## DATA RECORDS
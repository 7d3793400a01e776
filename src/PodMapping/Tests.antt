-- ===== src/PodMapping/Tests.antt =====
-- A small table of pods, and the theorems about it at concrete inputs.
use tlshub_ebpf.Base.{
  ◌≡◌, refl, ◌⊎◌, true, none, some, [], ◌∷◌, ◌++◌, Bytes, map, drop, take, replicate, codes, arith,
}
use tlshub_ebpf.Stdio.{is_space, lines, scan_pair, word, skip_space, c_string}
use tlshub_ebpf.Stdio.Words.{word_test-IsWord, unlines, unlines-lines}
use tlshub_ebpf.PodMapping.{
  PodNodeMapping, PodNodeTable, overrun, loaded, init_pod_node_mapping, get_node_by_pod, is_skipped,
  load_lines, read_mapping,
}
use tlshub_ebpf.PodMapping.File.{AtMost, init-AtMost, Fits, init-file_of, init_overrun}
use tlshub_ebpf.PodMapping.Print.{decimal_in, print_pod_node_mapping}
use tlshub_ebpf.PodMapping.Rows.{print-rows}
use tlshub_ebpf.PodMapping.Lookup.{IsFirst, Lacks, get_node_by_pod_lem}

abbrev web : PodNodeMapping
web = record { pod_name = codes "web-pod-1"; node_name = codes "node-1" }

abbrev db : PodNodeMapping
db = record { pod_name = codes "db-pod-1"; node_name = codes "node-3" }

abbrev pods : PodNodeTable
pods = web ∷ db ∷ []

web-Fits : Fits web
unfolding is_space is_skipped
web-Fits = record {
  pod_word = word_test-IsWord (web.pod_name) refl;
  node_word = word_test-IsWord (web.node_name) refl;
  pod_size = omega arith;
  node_size = omega arith;
  line_size = omega arith;
  no_comment = refl;
}

db-Fits : Fits db
unfolding is_space is_skipped
db-Fits = record {
  pod_word = word_test-IsWord (db.pod_name) refl;
  node_word = word_test-IsWord (db.node_name) refl;
  pod_size = omega arith;
  node_size = omega arith;
  line_size = omega arith;
  no_comment = refl;
}

init-file_of_example :
    init_pod_node_mapping true (some (codes "web-pod-1 node-1\ndb-pod-1 node-3\n")) ≡ loaded pods
init-file_of_example = init-file_of pods (web-Fits, (db-Fits, tt))

init-commented :
    init_pod_node_mapping true
      (some (codes "# pods\n\n  web-pod-1\tnode-1 x\nlonely\ndb-pod-1 node-3"))
    ≡ loaded pods
unfolding init_pod_node_mapping load_lines lines read_mapping scan_pair word skip_space c_string
    is_space
init-commented = refl

init-AtMost_test : AtMost 1024 (init_pod_node_mapping true (some (codes "a b\n")))
init-AtMost_test = init-AtMost true (some (codes "a b\n"))

init_overrun_example :
    init_pod_node_mapping true (some (replicate 300 b'a' ++ b'\n' ∷ [])) ≡ overrun
unfolding is_space is_skipped
init_overrun_example =
    init_overrun (replicate 300 b'a') [] (word_test-IsWord (replicate 300 b'a') refl) refl
      (omega arith) (omega arith)

get_node_by_pod_lem_test :
    ((node : Bytes) × (get_node_by_pod (some pods) (some (codes "db-pod-1")) ≡ some node)
      × IsFirst (codes "db-pod-1") node pods)
    ⊎ ((get_node_by_pod (some pods) (some (codes "db-pod-1")) ≡ none)
        × Lacks (codes "db-pod-1") pods)
get_node_by_pod_lem_test = get_node_by_pod_lem pods (codes "db-pod-1")

unlines-lines_test : unlines (lines (codes "a\nb")) ≡ codes "a\nb"
unlines-lines_test = unlines-lines (codes "a\nb")

print-rows_test :
    map read_mapping (drop 3 (print_pod_node_mapping (some pods)))
    ≡ some (some web) ∷ some (some db) ∷ []
print-rows_test = print-rows pods (web-Fits, (db-Fits, tt))

print_head_lem :
    take 1 (print_pod_node_mapping (some pods)) ≡ codes "Pod-Node Mapping Table (2 entries):\n" ∷ []
unfolding print_pod_node_mapping decimal_in
print_head_lem = refl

## DIRECTIONS
Lines that include the word "Bytes" are to be extracted from the data above.

## THE ANSWER
  ◌≡◌, refl, ◌⊎◌, true, none, some, [], ◌∷◌, ◌++◌, Bytes, map, drop, take, replicate, codes, arith,
    ((node : Bytes) × (get_node_by_pod (some pods) (some (codes "db-pod-1")) ≡ some node)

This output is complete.